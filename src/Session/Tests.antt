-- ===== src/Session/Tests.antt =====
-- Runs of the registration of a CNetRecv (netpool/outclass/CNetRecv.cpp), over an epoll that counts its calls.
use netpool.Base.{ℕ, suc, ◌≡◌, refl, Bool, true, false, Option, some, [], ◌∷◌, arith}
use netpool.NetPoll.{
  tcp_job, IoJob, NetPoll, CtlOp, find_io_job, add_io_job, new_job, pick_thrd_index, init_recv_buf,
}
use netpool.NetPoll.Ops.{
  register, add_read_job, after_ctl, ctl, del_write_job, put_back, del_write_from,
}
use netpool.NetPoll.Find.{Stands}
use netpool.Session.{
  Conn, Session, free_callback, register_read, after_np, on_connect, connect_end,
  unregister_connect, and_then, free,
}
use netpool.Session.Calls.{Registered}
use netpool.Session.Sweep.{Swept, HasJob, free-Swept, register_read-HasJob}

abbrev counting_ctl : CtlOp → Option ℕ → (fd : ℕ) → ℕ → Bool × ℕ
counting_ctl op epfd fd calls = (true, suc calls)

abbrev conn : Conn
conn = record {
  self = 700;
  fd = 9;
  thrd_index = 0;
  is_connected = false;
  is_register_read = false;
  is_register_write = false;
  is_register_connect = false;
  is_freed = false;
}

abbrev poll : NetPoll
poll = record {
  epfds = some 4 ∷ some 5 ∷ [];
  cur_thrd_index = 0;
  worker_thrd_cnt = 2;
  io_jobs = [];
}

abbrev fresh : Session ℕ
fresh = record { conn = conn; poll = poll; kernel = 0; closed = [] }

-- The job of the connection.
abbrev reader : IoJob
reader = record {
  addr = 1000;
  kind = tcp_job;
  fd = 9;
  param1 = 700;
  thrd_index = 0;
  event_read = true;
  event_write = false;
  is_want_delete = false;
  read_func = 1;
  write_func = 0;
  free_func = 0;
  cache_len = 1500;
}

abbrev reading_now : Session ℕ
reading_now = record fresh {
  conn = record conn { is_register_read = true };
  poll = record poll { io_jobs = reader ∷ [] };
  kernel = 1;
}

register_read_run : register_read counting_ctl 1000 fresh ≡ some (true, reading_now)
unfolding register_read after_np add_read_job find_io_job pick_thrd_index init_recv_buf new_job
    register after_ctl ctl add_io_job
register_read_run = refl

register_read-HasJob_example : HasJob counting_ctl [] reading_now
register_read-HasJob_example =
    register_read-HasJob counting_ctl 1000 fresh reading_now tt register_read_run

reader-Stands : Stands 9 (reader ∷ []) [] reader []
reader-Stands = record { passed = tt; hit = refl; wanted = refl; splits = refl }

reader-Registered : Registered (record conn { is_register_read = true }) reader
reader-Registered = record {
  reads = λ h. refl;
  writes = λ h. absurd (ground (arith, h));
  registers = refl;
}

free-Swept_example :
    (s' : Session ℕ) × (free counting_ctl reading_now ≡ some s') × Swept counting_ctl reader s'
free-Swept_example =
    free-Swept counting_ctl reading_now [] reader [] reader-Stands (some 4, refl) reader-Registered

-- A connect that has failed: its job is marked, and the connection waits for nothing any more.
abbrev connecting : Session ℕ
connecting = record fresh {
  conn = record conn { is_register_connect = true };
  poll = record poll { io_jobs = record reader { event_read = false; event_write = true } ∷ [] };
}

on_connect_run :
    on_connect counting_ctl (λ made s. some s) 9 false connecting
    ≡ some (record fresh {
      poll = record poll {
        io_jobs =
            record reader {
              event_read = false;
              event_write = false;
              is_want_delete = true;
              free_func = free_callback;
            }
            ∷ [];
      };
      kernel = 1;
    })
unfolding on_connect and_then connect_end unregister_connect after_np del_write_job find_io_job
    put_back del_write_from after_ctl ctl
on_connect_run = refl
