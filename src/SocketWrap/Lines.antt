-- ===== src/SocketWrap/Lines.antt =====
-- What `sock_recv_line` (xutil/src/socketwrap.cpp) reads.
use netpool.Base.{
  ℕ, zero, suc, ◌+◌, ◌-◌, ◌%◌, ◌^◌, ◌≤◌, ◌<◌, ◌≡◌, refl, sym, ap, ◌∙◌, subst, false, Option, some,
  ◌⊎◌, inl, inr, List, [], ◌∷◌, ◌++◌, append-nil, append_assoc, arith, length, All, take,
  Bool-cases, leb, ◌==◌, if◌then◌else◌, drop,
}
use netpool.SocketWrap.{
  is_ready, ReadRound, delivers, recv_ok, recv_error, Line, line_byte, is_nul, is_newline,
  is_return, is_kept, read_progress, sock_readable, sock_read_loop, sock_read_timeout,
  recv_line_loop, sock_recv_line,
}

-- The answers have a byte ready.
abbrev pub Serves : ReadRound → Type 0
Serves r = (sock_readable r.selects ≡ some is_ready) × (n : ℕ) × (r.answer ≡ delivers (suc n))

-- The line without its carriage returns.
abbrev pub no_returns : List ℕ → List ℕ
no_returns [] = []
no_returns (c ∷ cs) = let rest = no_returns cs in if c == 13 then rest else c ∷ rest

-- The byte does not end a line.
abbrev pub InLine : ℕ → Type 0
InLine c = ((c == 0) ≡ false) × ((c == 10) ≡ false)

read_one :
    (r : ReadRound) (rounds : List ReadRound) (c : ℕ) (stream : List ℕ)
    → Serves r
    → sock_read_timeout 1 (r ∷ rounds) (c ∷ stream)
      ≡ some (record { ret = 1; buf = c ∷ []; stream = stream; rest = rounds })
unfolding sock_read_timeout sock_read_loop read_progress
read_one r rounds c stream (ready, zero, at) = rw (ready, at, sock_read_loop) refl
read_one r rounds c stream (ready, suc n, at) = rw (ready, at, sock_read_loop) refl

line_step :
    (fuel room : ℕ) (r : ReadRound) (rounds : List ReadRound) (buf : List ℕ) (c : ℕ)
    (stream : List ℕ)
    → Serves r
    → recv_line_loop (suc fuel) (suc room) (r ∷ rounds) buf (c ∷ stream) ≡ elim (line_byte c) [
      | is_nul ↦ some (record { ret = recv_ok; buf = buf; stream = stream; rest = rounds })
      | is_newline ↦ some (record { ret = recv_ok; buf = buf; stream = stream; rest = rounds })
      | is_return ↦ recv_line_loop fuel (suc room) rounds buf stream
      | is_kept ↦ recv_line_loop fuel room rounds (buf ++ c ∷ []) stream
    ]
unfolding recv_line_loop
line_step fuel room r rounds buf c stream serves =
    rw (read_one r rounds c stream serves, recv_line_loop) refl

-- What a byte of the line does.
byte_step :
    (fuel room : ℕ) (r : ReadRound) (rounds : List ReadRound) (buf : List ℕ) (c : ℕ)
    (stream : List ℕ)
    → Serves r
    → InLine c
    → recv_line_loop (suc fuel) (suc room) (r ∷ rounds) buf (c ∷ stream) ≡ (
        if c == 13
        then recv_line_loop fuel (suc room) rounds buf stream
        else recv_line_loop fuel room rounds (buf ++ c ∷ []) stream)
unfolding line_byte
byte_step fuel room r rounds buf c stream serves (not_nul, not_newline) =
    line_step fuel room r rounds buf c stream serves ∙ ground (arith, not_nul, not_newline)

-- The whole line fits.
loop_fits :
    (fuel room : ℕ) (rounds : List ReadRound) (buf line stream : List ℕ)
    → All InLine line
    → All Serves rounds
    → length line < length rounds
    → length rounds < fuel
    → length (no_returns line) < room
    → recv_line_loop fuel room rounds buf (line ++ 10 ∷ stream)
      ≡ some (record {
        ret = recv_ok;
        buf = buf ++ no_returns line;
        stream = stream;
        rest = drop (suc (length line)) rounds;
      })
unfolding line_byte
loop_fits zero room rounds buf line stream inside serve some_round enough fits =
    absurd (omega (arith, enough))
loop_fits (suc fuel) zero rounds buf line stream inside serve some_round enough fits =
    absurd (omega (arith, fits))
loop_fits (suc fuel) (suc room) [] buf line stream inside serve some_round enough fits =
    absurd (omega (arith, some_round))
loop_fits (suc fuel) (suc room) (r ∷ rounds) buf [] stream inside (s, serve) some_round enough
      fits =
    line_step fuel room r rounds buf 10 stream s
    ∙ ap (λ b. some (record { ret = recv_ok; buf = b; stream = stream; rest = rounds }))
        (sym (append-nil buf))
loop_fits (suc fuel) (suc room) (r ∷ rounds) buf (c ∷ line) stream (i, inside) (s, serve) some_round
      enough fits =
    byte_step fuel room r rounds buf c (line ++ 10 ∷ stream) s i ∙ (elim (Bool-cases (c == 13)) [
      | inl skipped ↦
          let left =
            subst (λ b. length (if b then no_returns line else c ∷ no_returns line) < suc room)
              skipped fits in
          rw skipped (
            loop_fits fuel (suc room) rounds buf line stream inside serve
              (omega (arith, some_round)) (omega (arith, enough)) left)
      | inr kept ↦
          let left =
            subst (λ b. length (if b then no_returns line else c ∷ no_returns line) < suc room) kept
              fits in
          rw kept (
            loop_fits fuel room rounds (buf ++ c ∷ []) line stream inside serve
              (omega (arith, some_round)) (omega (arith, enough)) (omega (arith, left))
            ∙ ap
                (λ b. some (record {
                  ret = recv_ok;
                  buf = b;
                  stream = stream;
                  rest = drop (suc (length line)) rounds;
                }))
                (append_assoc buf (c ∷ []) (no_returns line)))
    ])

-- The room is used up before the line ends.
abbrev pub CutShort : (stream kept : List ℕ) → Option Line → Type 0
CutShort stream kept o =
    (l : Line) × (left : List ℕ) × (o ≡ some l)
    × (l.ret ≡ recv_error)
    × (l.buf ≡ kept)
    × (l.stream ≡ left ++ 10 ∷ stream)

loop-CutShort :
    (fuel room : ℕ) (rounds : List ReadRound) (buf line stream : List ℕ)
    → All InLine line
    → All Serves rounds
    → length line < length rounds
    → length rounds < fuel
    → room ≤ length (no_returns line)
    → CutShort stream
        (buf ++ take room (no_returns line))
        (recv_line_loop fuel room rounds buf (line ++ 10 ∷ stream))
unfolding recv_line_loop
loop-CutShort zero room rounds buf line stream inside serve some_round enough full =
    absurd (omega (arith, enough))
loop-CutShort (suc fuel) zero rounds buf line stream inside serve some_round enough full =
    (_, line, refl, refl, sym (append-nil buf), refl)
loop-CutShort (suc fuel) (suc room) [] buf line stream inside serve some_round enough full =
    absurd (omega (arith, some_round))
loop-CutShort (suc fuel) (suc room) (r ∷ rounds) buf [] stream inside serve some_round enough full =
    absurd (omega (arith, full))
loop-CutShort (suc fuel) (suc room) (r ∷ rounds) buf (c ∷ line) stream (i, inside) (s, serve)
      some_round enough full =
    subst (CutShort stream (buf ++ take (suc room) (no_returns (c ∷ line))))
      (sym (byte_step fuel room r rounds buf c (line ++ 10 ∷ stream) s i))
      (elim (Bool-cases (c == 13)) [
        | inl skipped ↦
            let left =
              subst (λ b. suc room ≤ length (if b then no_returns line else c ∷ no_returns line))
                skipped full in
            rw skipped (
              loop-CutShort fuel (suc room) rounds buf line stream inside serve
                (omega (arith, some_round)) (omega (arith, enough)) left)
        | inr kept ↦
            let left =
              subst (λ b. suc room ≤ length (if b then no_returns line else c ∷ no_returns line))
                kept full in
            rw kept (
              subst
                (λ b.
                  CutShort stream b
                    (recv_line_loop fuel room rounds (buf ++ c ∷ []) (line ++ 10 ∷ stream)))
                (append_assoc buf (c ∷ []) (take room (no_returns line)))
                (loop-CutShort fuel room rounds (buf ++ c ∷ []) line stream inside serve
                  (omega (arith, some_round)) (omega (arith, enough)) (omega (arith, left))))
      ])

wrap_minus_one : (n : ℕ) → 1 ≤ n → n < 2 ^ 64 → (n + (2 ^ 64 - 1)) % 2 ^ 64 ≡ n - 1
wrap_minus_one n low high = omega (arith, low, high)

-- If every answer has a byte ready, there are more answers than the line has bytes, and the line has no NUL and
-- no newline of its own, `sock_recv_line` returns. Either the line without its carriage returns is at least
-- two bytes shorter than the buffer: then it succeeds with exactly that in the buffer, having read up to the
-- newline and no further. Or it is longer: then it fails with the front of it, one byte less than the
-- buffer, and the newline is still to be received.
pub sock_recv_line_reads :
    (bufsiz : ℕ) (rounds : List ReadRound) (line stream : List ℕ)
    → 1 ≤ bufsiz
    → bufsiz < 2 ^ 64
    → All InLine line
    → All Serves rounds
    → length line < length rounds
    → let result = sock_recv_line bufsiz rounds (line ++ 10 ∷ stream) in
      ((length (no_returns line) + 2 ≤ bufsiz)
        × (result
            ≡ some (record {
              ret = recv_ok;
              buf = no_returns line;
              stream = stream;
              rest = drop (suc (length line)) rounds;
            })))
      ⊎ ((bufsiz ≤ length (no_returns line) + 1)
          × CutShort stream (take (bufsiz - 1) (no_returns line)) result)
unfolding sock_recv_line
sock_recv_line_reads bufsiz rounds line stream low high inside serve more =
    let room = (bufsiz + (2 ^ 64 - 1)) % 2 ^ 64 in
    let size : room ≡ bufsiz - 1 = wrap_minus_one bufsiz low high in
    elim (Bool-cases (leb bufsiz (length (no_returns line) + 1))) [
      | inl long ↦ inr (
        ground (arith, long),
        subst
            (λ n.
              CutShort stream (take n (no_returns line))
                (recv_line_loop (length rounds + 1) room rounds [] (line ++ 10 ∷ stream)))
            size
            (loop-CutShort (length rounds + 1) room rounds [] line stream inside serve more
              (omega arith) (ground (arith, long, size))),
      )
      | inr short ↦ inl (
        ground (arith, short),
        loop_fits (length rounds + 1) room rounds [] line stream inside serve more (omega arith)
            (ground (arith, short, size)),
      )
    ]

WHAT THE TASK ASKS:
Scan the data above and copy each line containing the word "antt".

RESPONSE TO THIS EXERCISE:
filename src/Session/Tests.antt
-- ===== src/Session/Tests.antt =====
filename src/SocketWrap/Lines.antt
-- ===== src/SocketWrap/Lines.antt =====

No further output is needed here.